In December 2016 the Central Electricity Regulatory Commission allowed compensatory relief for Tata Power from the electricity procuring states under the Force Majeure clause after having awarded in February 2014 a compensatory tariff of 52 paise per unit; however the orders are subject to the outcome of a pending appeal in the Supreme Court. The compensatory relief also is to be adjusted against profits made in sale of coal from the Indonesian mines where the companies have a stake.

In 2007, Tata Power had acquired a 30% stake in two Indonesian thermal coal companies owned by PT Bumi Resources—PT Kaltim Prima Coal (KPC) and PT Arutmin Indonesia— for about $1.1 billion as part of a strategy to provide low cost coal for the Mundra UMPP.

In 2014, Tata Power agreed to sell a 30% stake it held in PT Arutmin Indonesia, to the Bakrie Group for a sale consideration of $510 million (later revised to $400 million). No date has been set for his sale closure, which is pending regulatory clearances from the authorities

The company had requested Central Electricity Regulatory Commission to allow a tariff hike to about Rs 3.00 per unit

The company had petitioned the CERC to rule whether the company can claim relief under any/all of the following:

- Article 13 of the PPA due to Change in Law
The company stand is that the definition of law under the PPA is an inclusive (and not exhaustive) definition. The definition of law covers 'any law' and is not restricted to Indian law. The term 'law' is required to be interpreted in a contextual basis with a view to give business efficacy to the PPA since the project is based on imported coal and the fuel supply arrangements are a part of the Project Documents. The definition of Law must be given a plenary meaning and cannot be read down by confining it to Indian laws. The promulgation and enforcement of 'Regulation of Ministry of Energy and Mineral Resources No. 17 of 2010 regard procedure for Setting Mineral and Coal Benchmark Selling Price' dated 23.09.2010 by Government of Indonesia ("Indonesian Regulations") led to an unprecedented, uncontrollable and unforeseeable rise in coal prices which constitutes a 'Change in Law' under the PPA.

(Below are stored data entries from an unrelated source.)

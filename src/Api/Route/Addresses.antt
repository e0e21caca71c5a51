-- ===== src/Api/Route/Addresses.antt =====
-- internal/api/v1.go: every operation has an address, the method and the path that reach it.
use gsm_system.Base.{
  ℕ, ◌≡◌, ◌≢◌, refl, sym, ap, ◌∙◌, true, false, ◌||◌, [], ◌∷◌, ◌++◌, All, All-of_all, if◌then◌else◌,
  arith, ◌==◌, reverse, append_assoc, append-nil,
}
use mathlib.Core.List.{reverse-cons}
use gsm_system.Base.Number.{is_digits}
use gsm_system.Base.Text.{
  Text, codes, is_digit, eqb, is_empty, contains, strip_prefix, split, split_from,
}
use gsm_system.Gsm.Params.{valid_imsi}
use gsm_system.Gsm.Presets.{valid_preset_id, id_char}
use gsm_system.Api.Cell.{Code}
use gsm_system.Api.Route.{
  Method, get, post, put, patch, delete, Handler, handled, refused, checked, subscriber_path,
  serve_at, resource_in, serve_v1, Resource,
}
use gsm_system.Api.Route.Reached.{names_valid}

-- The method of each operation of the interface.
abbrev pub verb : Handler → Method
verb Handler.cell_status = get
verb Handler.cell_start = post
verb Handler.cell_stop = delete
verb Handler.preset_list = get
verb Handler.preset_create = post
verb (Handler.preset_get _) = get
verb (Handler.preset_update _) = put
verb (Handler.preset_delete _) = delete
verb Handler.config_get = get
verb Handler.config_patch = patch
verb Handler.profile_get = get
verb Handler.health = get
verb Handler.connections = get
verb Handler.subscriber_list = get
verb (Handler.subscriber_get _) = get
verb (Handler.subscriber_bind _) = put
verb (Handler.subscriber_unbind _) = delete
verb Handler.sms_list = get
verb Handler.sms_send = post
verb Handler.calls = get
verb Handler.call_history = get
verb Handler.network_get = get
verb Handler.network_put = put

-- The path of each operation behind "/api/v1/".
abbrev path_of : Handler → Text
path_of Handler.cell_status = codes "cell"
path_of Handler.cell_start = codes "cell"
path_of Handler.cell_stop = codes "cell"
path_of Handler.preset_list = codes "presets"
path_of Handler.preset_create = codes "presets"
path_of (Handler.preset_get id) = codes "presets/" ++ id
path_of (Handler.preset_update id) = codes "presets/" ++ id
path_of (Handler.preset_delete id) = codes "presets/" ++ id
path_of Handler.config_get = codes "config"
path_of Handler.config_patch = codes "config"
path_of Handler.profile_get = codes "profile"
path_of Handler.health = codes "health"
path_of Handler.connections = codes "connections"
path_of Handler.subscriber_list = codes "subscribers"
path_of (Handler.subscriber_get imsi) = codes "subscribers/" ++ imsi
path_of (Handler.subscriber_bind imsi) = codes "subscribers/" ++ imsi ++ codes "/number"
path_of (Handler.subscriber_unbind imsi) = codes "subscribers/" ++ imsi ++ codes "/number"
path_of Handler.sms_list = codes "sms"
path_of Handler.sms_send = codes "sms"
path_of Handler.calls = codes "calls"
path_of Handler.call_history = codes "calls/history"
path_of Handler.network_get = codes "network"
path_of Handler.network_put = codes "network"

abbrev pub address : Handler → Text
address h = codes "/api/v1/" ++ path_of h

HasNoSlash : Text → Type 0
HasNoSlash s = All (λ c. c ≢ b'/') s

contains-HasNoSlash : (s : Text) → HasNoSlash s → contains s (codes "/") ≡ false
unfolding contains strip_prefix HasNoSlash
contains-HasNoSlash [] h = refl
contains-HasNoSlash (c ∷ s) h = ground (arith, h.0, contains-HasNoSlash s h.1)

pub reverse-cons_append : (c : ℕ) (cur s : Text) → reverse (c ∷ cur) ++ s ≡ reverse cur ++ c ∷ s
reverse-cons_append c cur s =
    ap (λ r. r ++ s) (reverse-cons c cur) ∙ append_assoc (reverse cur) (c ∷ []) s

no_slash : (c : ℕ) → c ≢ b'/' → (c == b'/') ≡ false
no_slash c h = ground (arith, h)

split_from-HasNoSlash :
    (cur s : Text) → HasNoSlash s → split_from b'/' cur s ≡ (reverse cur ++ s) ∷ []
unfolding split_from HasNoSlash
split_from-HasNoSlash cur [] h = ap (λ r. r ∷ []) (sym (append-nil (reverse cur)))
split_from-HasNoSlash cur (c ∷ s) h =
    rw (no_slash c h.0)
      (split_from-HasNoSlash (c ∷ cur) s h.1 ∙ ap (λ r. r ∷ []) (reverse-cons_append c cur s))

split_from-append :
    (cur s rest : Text)
    → HasNoSlash s
    → split_from b'/' cur (s ++ b'/' ∷ rest) ≡ (reverse cur ++ s) ∷ split_from b'/' [] rest
unfolding split_from HasNoSlash
split_from-append cur [] rest h =
    ap (λ r. r ∷ split_from b'/' [] rest) (sym (append-nil (reverse cur)))
split_from-append cur (c ∷ s) rest h = rw (no_slash c h.0) (
    split_from-append (c ∷ cur) s rest h.1
    ∙ ap (λ r. r ∷ split_from b'/' [] rest) (reverse-cons_append c cur s))

valid_preset_id-HasNoSlash : (id : Text) → valid_preset_id id ≡ true → HasNoSlash id
unfolding valid_preset_id HasNoSlash
valid_preset_id-HasNoSlash [] v = tt
valid_preset_id-HasNoSlash (c ∷ id) v =
    (ground arith, All-of_all _ id_char (λ c e. ground arith) id (ground arith))

valid_imsi-HasNoSlash : (imsi : Text) → valid_imsi imsi ≡ true → HasNoSlash imsi
unfolding valid_imsi is_digits HasNoSlash
valid_imsi-HasNoSlash imsi v = All-of_all _ is_digit (λ c e. ground arith) imsi (ground arith)

preset_reached :
    (id : Text) (h : Handler)
    → valid_preset_id id ≡ true
    → (if is_empty id || contains id (codes "/")
        then refused Code.unknown
        else checked (valid_preset_id id) (handled h))
      ≡ handled h
preset_reached [] h v = unfold valid_preset_id in absurd (cc)
preset_reached (c ∷ id) h v =
    rw (contains-HasNoSlash (c ∷ id) (valid_preset_id-HasNoSlash (c ∷ id) v), v) refl

subscriber_reached :
    (imsi : Text)
    → valid_imsi imsi ≡ true
    → subscriber_path (split b'/' imsi) ≡ Resource.subscriber imsi
unfolding split
subscriber_reached [] v = unfold valid_imsi in absurd (cc)
subscriber_reached (c ∷ imsi) v =
    rw (split_from-HasNoSlash [] (c ∷ imsi) (valid_imsi-HasNoSlash (c ∷ imsi) v)) refl

number_reached :
    (imsi : Text)
    → valid_imsi imsi ≡ true
    → subscriber_path (split b'/' (imsi ++ codes "/number")) ≡ Resource.subscriber_number imsi
unfolding split split_from eqb
number_reached [] v = unfold valid_imsi in absurd (cc)
number_reached (c ∷ imsi) v =
    rw (split_from-append [] (c ∷ imsi) (codes "number") (valid_imsi-HasNoSlash (c ∷ imsi) v)) refl

-- Every operation is reached: a request without a query, with the method of the operation and the
-- path that the interface gives it, of a valid preset identifier or IMSI where the path has one,
-- reaches exactly that operation with exactly that identifier.
pub serve_v1-verb :
    (h : Handler) → names_valid h ≡ true → serve_v1 (verb h) (address h) true ≡ handled h
unfolding serve_v1 serve_at resource_in eqb strip_prefix
serve_v1-verb Handler.cell_status v = refl
serve_v1-verb Handler.cell_start v = refl
serve_v1-verb Handler.cell_stop v = refl
serve_v1-verb Handler.preset_list v = refl
serve_v1-verb Handler.preset_create v = refl
serve_v1-verb (Handler.preset_get id) v = preset_reached id (Handler.preset_get id) v
serve_v1-verb (Handler.preset_update id) v = preset_reached id (Handler.preset_update id) v
serve_v1-verb (Handler.preset_delete id) v = preset_reached id (Handler.preset_delete id) v
serve_v1-verb Handler.config_get v = refl
serve_v1-verb Handler.config_patch v = refl
serve_v1-verb Handler.profile_get v = refl
serve_v1-verb Handler.health v = refl
serve_v1-verb Handler.connections v = refl
serve_v1-verb Handler.subscriber_list v = refl
serve_v1-verb (Handler.subscriber_get imsi) v = rw (subscriber_reached imsi v) (rw v refl)
serve_v1-verb (Handler.subscriber_bind imsi) v = rw (number_reached imsi v) (rw v refl)
serve_v1-verb (Handler.subscriber_unbind imsi) v = rw (number_reached imsi v) (rw v refl)
serve_v1-verb Handler.sms_list v = refl
serve_v1-verb Handler.sms_send v = refl
serve_v1-verb Handler.calls v = refl
serve_v1-verb Handler.call_history v = refl
serve_v1-verb Handler.network_get v = refl
serve_v1-verb Handler.network_put v = refl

- Article 12 of the PPA, pertaining to Force Majeure
The definition of Force Majeure under Article 12.3 of the PPA covers "any event or circumstance or combination of events or circumstances that wholly or partly prevents or unavoidably delays an Affected Party in performing its obligations under the PPA to the extent such events or circumstances are not within the reasonable control, directly or indirectly of the Affected Party and could not have been avoided if the Affected Party had taken reasonable care". Tata Power is arguing that the promulgation of the Indonesian Regulation is an event which is beyond its control and has made it impossible for the company to perform its obligations as per the contracted price. So this is covered as a Force Majeure event under Article 12.3 of the PPA.

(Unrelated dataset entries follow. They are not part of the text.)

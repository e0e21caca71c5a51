-- ===== src/Api/Route/Paths.antt =====
-- internal/api/v1.go: the paths that the switch of `serveV1` takes for each resource.
use gsm_system.Base.{
  ◌≡◌, refl, sym, ap, ◌∙◌, subst, [], ◌∷◌, ◌++◌, List, All, Bool-cases, Option-cases, inl, inr,
  ◌==◌, ==_iff, reverse, append-nil,
}
use gsm_system.Base.Text.{
  Text, codes, eqb, eqb_iff, strip_prefix, strip_prefix-eq_some, split, split_from,
}
use gsm_system.Api.Route.{subscriber_path, under_presets, Resource, resource_in, fixed_paths}
use gsm_system.Api.Route.Addresses.{reverse-cons_append}

-- The paths of a resource.
abbrev pub At : Text → Resource → Type 0
At path Resource.cell = path ≡ codes "/api/v1/cell"
At path Resource.presets = path ≡ codes "/api/v1/presets"
At path Resource.config = path ≡ codes "/api/v1/config"
At path Resource.profile = path ≡ codes "/api/v1/profile"
At path Resource.health_check = path ≡ codes "/api/v1/health"
At path Resource.connection_list = path ≡ codes "/api/v1/connections"
At path Resource.subscribers = path ≡ codes "/api/v1/subscribers"
At path Resource.messages = path ≡ codes "/api/v1/sms"
At path Resource.active_calls = path ≡ codes "/api/v1/calls"
At path Resource.history = path ≡ codes "/api/v1/calls/history"
At path Resource.network = path ≡ codes "/api/v1/network"
At path Resource.nothing = Unit
At path (Resource.preset id) = path ≡ codes "/api/v1/presets/" ++ id
At path (Resource.subscriber imsi) = path ≡ codes "/api/v1/subscribers/" ++ imsi
At path (Resource.subscriber_number imsi) =
    path ≡ codes "/api/v1/subscribers/" ++ (imsi ++ codes "/number")

-- The parts of a text with the separator between them.
join_parts : List Text → Text
join_parts [] = []
join_parts (x ∷ []) = x
join_parts (x ∷ (y ∷ l)) = x ++ b'/' ∷ join_parts (y ∷ l)

join_parts-cons :
    (x cur s : Text)
    → join_parts (x ∷ split_from b'/' cur s) ≡ x ++ b'/' ∷ join_parts (split_from b'/' cur s)
unfolding join_parts split_from
join_parts-cons x cur [] = refl
join_parts-cons x cur (d ∷ s) = elim (Bool-cases (d == b'/')) [
  | inl e ↦ rw e refl
  | inr e ↦ rw e (join_parts-cons x (d ∷ cur) s)
]

join_parts-split_from : (cur s : Text) → join_parts (split_from b'/' cur s) ≡ reverse cur ++ s
unfolding join_parts split_from
join_parts-split_from cur [] = sym (append-nil (reverse cur))
join_parts-split_from cur (c ∷ s) = elim (Bool-cases (c == b'/')) [
  | inl e ↦ rw e (
      join_parts-cons (reverse cur) [] s
      ∙ ap (λ r. reverse cur ++ b'/' ∷ r) (join_parts-split_from [] s)
      ∙ ap (λ d. reverse cur ++ d ∷ s) (sym ((==_iff c b'/').0 e)))
  | inr e ↦ rw e (join_parts-split_from (c ∷ cur) s ∙ reverse-cons_append c cur s)
]

path_of_parts :
    (path rest : Text) (l : List Text)
    → path ≡ codes "/api/v1/subscribers/" ++ rest
    → join_parts l ≡ rest
    → At path (subscriber_path l)
unfolding join_parts
path_of_parts path rest [] e j = tt
path_of_parts path rest ([] ∷ []) e j = tt
path_of_parts path rest ((c ∷ imsi) ∷ []) e j =
    e ∙ ap (λ r. codes "/api/v1/subscribers/" ++ r) (sym j)
path_of_parts path rest ([] ∷ (part ∷ [])) e j = tt
path_of_parts path rest ((c ∷ imsi) ∷ (part ∷ [])) e j =
    elim (Bool-cases (eqb part (codes "number"))) [
      | inl n ↦ rw n (
          e
          ∙ ap (λ r. codes "/api/v1/subscribers/" ++ r) (sym j)
          ∙ ap (λ r. codes "/api/v1/subscribers/" ++ ((c ∷ imsi) ++ b'/' ∷ r))
              ((eqb_iff part (codes "number")).0 n))
      | inr n ↦ rw n tt
    ]
path_of_parts path rest ([] ∷ (part ∷ (y ∷ l))) e j = tt
path_of_parts path rest ((c ∷ x) ∷ (part ∷ (y ∷ l))) e j = tt

prefix_At :
    (path : Text)
    → At path (
        under_presets
          (strip_prefix (codes "/api/v1/presets/") path)
          (strip_prefix (codes "/api/v1/subscribers/") path))
unfolding split
prefix_At path = elim (Option-cases (strip_prefix (codes "/api/v1/presets/") path)) [
  | inl none_found ↦
      rw none_found (elim (Option-cases (strip_prefix (codes "/api/v1/subscribers/") path)) [
        | inl nothing_found ↦ rw nothing_found tt
        | inr (rest, e) ↦ rw e (
            path_of_parts path rest (split_from b'/' [] rest)
              (strip_prefix-eq_some (codes "/api/v1/subscribers/") path rest e)
              (join_parts-split_from [] rest))
      ])
  | inr (id, e) ↦ rw e (strip_prefix-eq_some (codes "/api/v1/presets/") path id e)
]

pub resource_in-At :
    (l : List (Text × Resource)) (path : Text)
    → All (λ e. At e.0 e.1) l
    → At path (resource_in l path)
unfolding resource_in split
resource_in-At [] path h = prefix_At path
resource_in-At ((p, r) ∷ l) path h = elim (Bool-cases (eqb path p)) [
  | inl e ↦ rw e (subst (λ t. At t r) (sym ((eqb_iff path p).0 e)) h.0)
  | inr e ↦ rw e (resource_in-At l path h.1)
]

-- The table of the fixed paths.
pub fixed_paths-At : All (λ e. At e.0 e.1) fixed_paths
fixed_paths-At =
    (refl, (refl, (refl, (refl, (refl, (refl, (refl, (refl, (refl, (refl, (refl, tt)))))))))))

- CERC's power to 'regulate' tariff by exercising its powers under Section 79(1)(b) of the Electricity Act, 2003.
Tata Power is arguing that CERC has the power under Section 79(1)(b) of the Electricity Act, 2003 to revisit/restructure the tariff for a power project if the project has lost its viability and it has become
commercially impossible for the project owner to perform its contractual obligations.

On 18 July 2012 the Central Electricity Regulatory Commission deferred a decision on Tata Power's petition. Central Electricity Regulatory Commission has asked the company to go back and take recourse to the dispute resolution provisions of the power purchase agreement (PPA) before seeking relief from the Central Electricity Regulatory Commission.

On 25 October 2012 the CERC admitted the petition for hearing since the consultative process under Article 17.3 of the Power Purchase Agreement (PPA) between Coastal Gujarat Power Ltd and the lead procurer, Gujarat Urja Vikas Nigam Limited (GUVNL) had failed. The petition will now be renotified for hearing on 4 December 2012.